Saved data entries
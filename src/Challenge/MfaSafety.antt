-- ===== src/Challenge/MfaSafety.antt =====
-- What a challenge of Api/src/modules/mfa/mfa-challenge.service.ts promises under every sequence of
-- calls that follow.
use vaultchain_fintech_dashb.Prelude.{
  ℕ, suc, ◌+◌, Bool, true, false, not, ◌&&◌, ◌||◌, none, some, List, [], ◌∷◌, ◌≡◌, refl, arith,
  &&_left, Bool-cases, all_at, any, count_where, is_some, update_where, Option-cases,
  any-update_where, inl, ◌<◌, all-update_where, find, inr, updated_one, find_fits, find-all,
  count_where-any, ◌∙◌, count_where-all, if◌then◌else◌, ◌==◌, leb, ◌≤◌, all-weaken,
  all-update_where_to,
}
use vaultchain_fintech_dashb.Prelude.Text.{Text, text_eq, text_eq_iff}
use vaultchain_fintech_dashb.Challenge.Mfa.{
  MfaChallenge, CreateChallengeInput, Crypto, row_id, is_live, is_shut, load_parsed, consume,
  register_failed_attempt, create,
}

-- A call of the service that writes.
pub data Call : Type 0 where
  creating : ℕ → Text → Text → CreateChallengeInput → Call
  consuming : ℕ → Text → ℕ → Call
  failing : ℕ → Text → ℕ → Call

abbrev pub apply_call : Crypto → Call → List MfaChallenge → List MfaChallenge
apply_call crypto (creating now id secret input) rows = (create crypto now id secret input rows).1
apply_call crypto (consuming now id max_attempts) rows = (consume now id max_attempts rows).1
apply_call crypto (failing now id max_attempts) rows =
    register_failed_attempt now id max_attempts rows

abbrev pub run : Crypto → List Call → List MfaChallenge → List MfaChallenge
run crypto [] rows = rows
run crypto (call ∷ calls) rows = run crypto calls (apply_call crypto call rows)

-- A stored challenge whose rows all have `q`, where no call takes `q` from a row.
abbrev Has : Text → (MfaChallenge → Bool) → List MfaChallenge → Type 0
Has id q rows = (any (row_id id) rows ≡ true) × (all_at (row_id id) q rows ≡ true)

create-Has :
    (crypto : Crypto) (now : ℕ) (new secret : Text) (input : CreateChallengeInput) (id : Text)
    (q : MfaChallenge → Bool) (rows : List MfaChallenge)
    → Has id q rows
    → Has id q (create crypto now new secret input rows).1
unfolding create
create-Has crypto now new secret input id q rows (there, have) =
    elim (Bool-cases (any (row_id new) rows)) [
      | inl taken ↦ rw taken (there, have)
      | inr free ↦ elim (Bool-cases (text_eq new id)) [
        | inl e ↦ cc (rw (text_eq_iff new id e) at free, there)
        | inr e ↦ rw (free, e) (there, have)
      ]
    ]

-- An update that keeps the ids keeps what every row keeps.
update-Has :
    (id : Text) (q p : MfaChallenge → Bool) (f : MfaChallenge → MfaChallenge)
    (rows : List MfaChallenge)
    → ((r : MfaChallenge) → row_id id (f r) ≡ row_id id r)
    → ((r : MfaChallenge) → q r ≡ true → p r ≡ true → q (f r) ≡ true)
    → Has id q rows
    → Has id q (update_where p f rows)
update-Has id q p f rows same keep (there, have) = (
  rw (any-update_where (row_id id) p f rows same) there,
  all-update_where (λ r. not (row_id id r) || q r) p f rows
      (λ r h hit. elim (Bool-cases (row_id id r)) [
        | inl e ↦ rw (same r, e) (keep r (rw e at h) hit)
        | inr e ↦ rw (same r, e) refl
      ])
      have,
)

abbrev is_spent : MfaChallenge → Bool
is_spent row = is_some row.consumed_at

apply_call-Has :
    (crypto : Crypto) (call : Call) (id : Text) (rows : List MfaChallenge)
    → Has id is_spent rows
    → Has id is_spent (apply_call crypto call rows)
unfolding consume register_failed_attempt
apply_call-Has crypto (creating now new secret input) id rows h =
    create-Has crypto now new secret input id is_spent rows h
apply_call-Has crypto (consuming now other max_attempts) id rows h =
    update-Has id is_spent (is_live now other max_attempts) _ rows (λ r. refl) (λ r keep hit. refl)
      h
apply_call-Has crypto (failing now other max_attempts) id rows h =
    update-Has id is_spent (is_live now other max_attempts) _ rows (λ r. refl) (λ r keep hit. keep)
      h

run-Has :
    (crypto : Crypto) (calls : List Call) (id : Text) (rows : List MfaChallenge)
    → Has id is_spent rows
    → Has id is_spent (run crypto calls rows)
run-Has crypto [] id rows h = h
run-Has crypto (call ∷ calls) id rows h =
    run-Has crypto calls id (apply_call crypto call rows) (apply_call-Has crypto call id rows h)

-- Where every row with the id is shut, the challenge does not load.
load_parsed-shut :
    (crypto : Crypto) (now : ℕ) (id secret : Text) (q : MfaChallenge → Bool)
    (rows : List MfaChallenge)
    → ((r : MfaChallenge) → q r ≡ true → is_shut now r ≡ true)
    → all_at (row_id id) q rows ≡ true
    → load_parsed crypto now (some (id, secret)) rows ≡ none
load_parsed-shut crypto now id secret q rows shut have =
    elim (Option-cases (find (row_id id) rows)) [
      | inl e ↦ rw e refl
      | inr (row, e) ↦
          let here = find_fits (row_id id) rows e in
          let has = find-all (λ r. not (row_id id r) || q r) (row_id id) rows have e in
          rw (e, shut row (rw here at has)) refl
    ]

live_is_at :
    (now : ℕ) (id : Text) (max_attempts : ℕ) (r : MfaChallenge)
    → is_live now id max_attempts r ≡ true
    → row_id id r ≡ true
live_is_at now id max_attempts r h = &&_left (row_id id r) _ h

live_is_unspent :
    (now : ℕ) (id : Text) (max_attempts : ℕ) (r : MfaChallenge)
    → not (row_id id r) || is_spent r ≡ true
    → is_live now id max_attempts r ≡ false
live_is_unspent now id max_attempts r h = ground arith

-- A challenge whose consumption won is won by nobody again and never loads again, whatever calls
-- follow, if the table has one row with its id.
pub consume_once :
    (crypto : Crypto) (now : ℕ) (id secret : Text) (max_attempts : ℕ) (rows : List MfaChallenge)
    (calls : List Call) (later other_max : ℕ)
    → count_where (row_id id) rows < 2
    → (consume now id max_attempts rows).0 ≡ true
    → ((consume later id other_max (run crypto calls (consume now id max_attempts rows).1)).0
        ≡ false)
      × (load_parsed crypto later
            (some (id, secret))
            (run crypto calls (consume now id max_attempts rows).1)
          ≡ none)
unfolding consume
consume_once crypto now id secret max_attempts rows calls later other_max few won =
    let there =
      count_where-any (is_live now id max_attempts) (row_id id) rows
        (live_is_at now id max_attempts) won in
    let spent =
      updated_one (row_id id) is_spent (is_live now id max_attempts)
        (λ r. record r { consumed_at = some now }) rows (live_is_at now id max_attempts)
        (λ r hit. refl) few won in
    let same =
      any-update_where (row_id id) (is_live now id max_attempts)
        (λ r. record r { consumed_at = some now }) rows (λ r. refl) in
    let (_, after) = run-Has crypto calls id _ (same ∙ there, spent) in
    (
      rw
          (count_where-all (λ r. not (row_id id r) || is_spent r) (is_live later id other_max) _
            (live_is_unspent later id other_max) after)
          refl,
      load_parsed-shut crypto later id secret is_spent _ (λ r e. rw e refl) after,
    )

-- A row that has at most `k` attempts left until the time `later`.
abbrev is_worn : ℕ → ℕ → ℕ → MfaChallenge → Bool
is_worn later most k row =
    row.max_attempts == most
    && (is_some row.consumed_at || (leb row.expires_at later || leb most (row.attempt_count + k)))

-- Whether a call counts a failed attempt on the challenge, by the time `later`.
abbrev pub tries : Text → ℕ → ℕ → Call → ℕ
tries id most later (failing now other max_attempts) =
    if text_eq other id && (leb most max_attempts && leb now later) then 1 else 0
tries id most later _ = 0

abbrev pub all_tries : Text → ℕ → ℕ → List Call → ℕ
all_tries id most later [] = 0
all_tries id most later (call ∷ calls) = all_tries id most later calls + tries id most later call

-- One failed attempt on a row.
abbrev failed : MfaChallenge → MfaChallenge
failed r = record r { attempt_count = suc r.attempt_count }

failing-wears :
    (now later most max_attempts k : ℕ) (other id : Text) (r : MfaChallenge)
    → not (row_id id r)
        || is_worn later most (k + tries id most later (failing now other max_attempts)) r
      ≡ true
    → not (row_id id (if is_live now other max_attempts r then failed r else r))
        || is_worn later most k (if is_live now other max_attempts r then failed r else r)
      ≡ true
failing-wears now later most max_attempts k other id r h =
    elim (Bool-cases (is_live now other max_attempts r)) [
      | inl live ↦ elim (Bool-cases (text_eq other id)) [
        | inl same ↦ rw live (ground (arith, live, same))
        | inr differ ↦ rw live (ground (arith, live, differ))
      ]
      | inr shut ↦ elim (Bool-cases (text_eq other id)) [
        | inl same ↦ rw shut (ground (arith, shut, same, text_eq_iff other id same))
        | inr differ ↦ rw shut (ground (arith, shut, differ))
      ]
    ]

apply_call-wears :
    (crypto : Crypto) (call : Call) (id : Text) (later most k : ℕ) (rows : List MfaChallenge)
    → Has id (is_worn later most (k + tries id most later call)) rows
    → Has id (is_worn later most k) (apply_call crypto call rows)
unfolding consume register_failed_attempt
apply_call-wears crypto (creating now new secret input) id later most k rows h =
    let same : k + 0 ≡ k = omega arith in
    create-Has crypto now new secret input id (is_worn later most k) rows (rw same at h)
apply_call-wears crypto (consuming now other max_attempts) id later most k rows h =
    let same : k + 0 ≡ k = omega arith in
    update-Has id (is_worn later most k) (is_live now other max_attempts)
      (λ r. record r { consumed_at = some now }) rows (λ r. refl) (λ r keep hit. ground arith)
      (rw same at h)
apply_call-wears crypto (failing now other max_attempts) id later most k rows (there, have) = (
  any-update_where (row_id id) (is_live now other max_attempts) failed rows (λ r. refl) ∙ there,
  all-update_where_to
      (λ r.
        not (row_id id r)
        || is_worn later most (k + tries id most later (failing now other max_attempts)) r)
      (λ r. not (row_id id r) || is_worn later most k r) (is_live now other max_attempts) failed
      rows (failing-wears now later most max_attempts k other id) have,
)

sum : (a b c : ℕ) → a + b + c ≡ a + (b + c)
sum a b c = omega arith

run-wears :
    (crypto : Crypto) (calls : List Call) (id : Text) (later most k : ℕ) (rows : List MfaChallenge)
    → Has id (is_worn later most (k + all_tries id most later calls)) rows
    → Has id (is_worn later most k) (run crypto calls rows)
run-wears crypto [] id later most k rows h = let same : k + 0 ≡ k = omega arith in rw same at h
run-wears crypto (call ∷ calls) id later most k rows h =
    run-wears crypto calls id later most k (apply_call crypto call rows) (
      apply_call-wears crypto call id later most (k + all_tries id most later calls) rows
        (rw (sum k (all_tries id most later calls) (tries id most later call)) h))

-- Once as many failed attempts as a stored challenge allows are counted on it before a time, it does
-- not load at that time, with any secret, whatever other calls are made in between.
pub guesses_bounded :
    (crypto : Crypto) (id secret : Text) (later most : ℕ) (rows : List MfaChallenge)
    (calls : List Call)
    → any (row_id id) rows ≡ true
    → all_at (row_id id) (λ r. r.max_attempts == most) rows ≡ true
    → most ≤ all_tries id most later calls
    → load_parsed crypto later (some (id, secret)) (run crypto calls rows) ≡ none
guesses_bounded crypto id secret later most rows calls there limited enough =
    let (_, worn) = run-wears crypto calls id later most 0 rows (
      there,
      all-weaken (λ r. not (row_id id r) || r.max_attempts == most) _ rows (λ r e. ground arith)
          limited,
    ) in
    load_parsed-shut crypto later id secret (is_worn later most 0) (run crypto calls rows)
      (λ r e. ground arith) worn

-- YOUR INSTRUCTIONS --
Lines that include the word "failing" are to be extracted from the data above.

-- EXERCISE RESPONSE --
  failing : ℕ → Text → ℕ → Call
apply_call crypto (failing now id max_attempts) rows =
apply_call-Has crypto (failing now other max_attempts) id rows h =
tries id most later (failing now other max_attempts) =
failing-wears :
        || is_worn later most (k + tries id most later (failing now other max_attempts)) r
failing-wears now later most max_attempts k other id r h =
apply_call-wears crypto (failing now other max_attempts) id later most k rows (there, have) = (
        || is_worn later most (k + tries id most later (failing now other max_attempts)) r)
      rows (failing-wears now later most max_attempts k other id) have,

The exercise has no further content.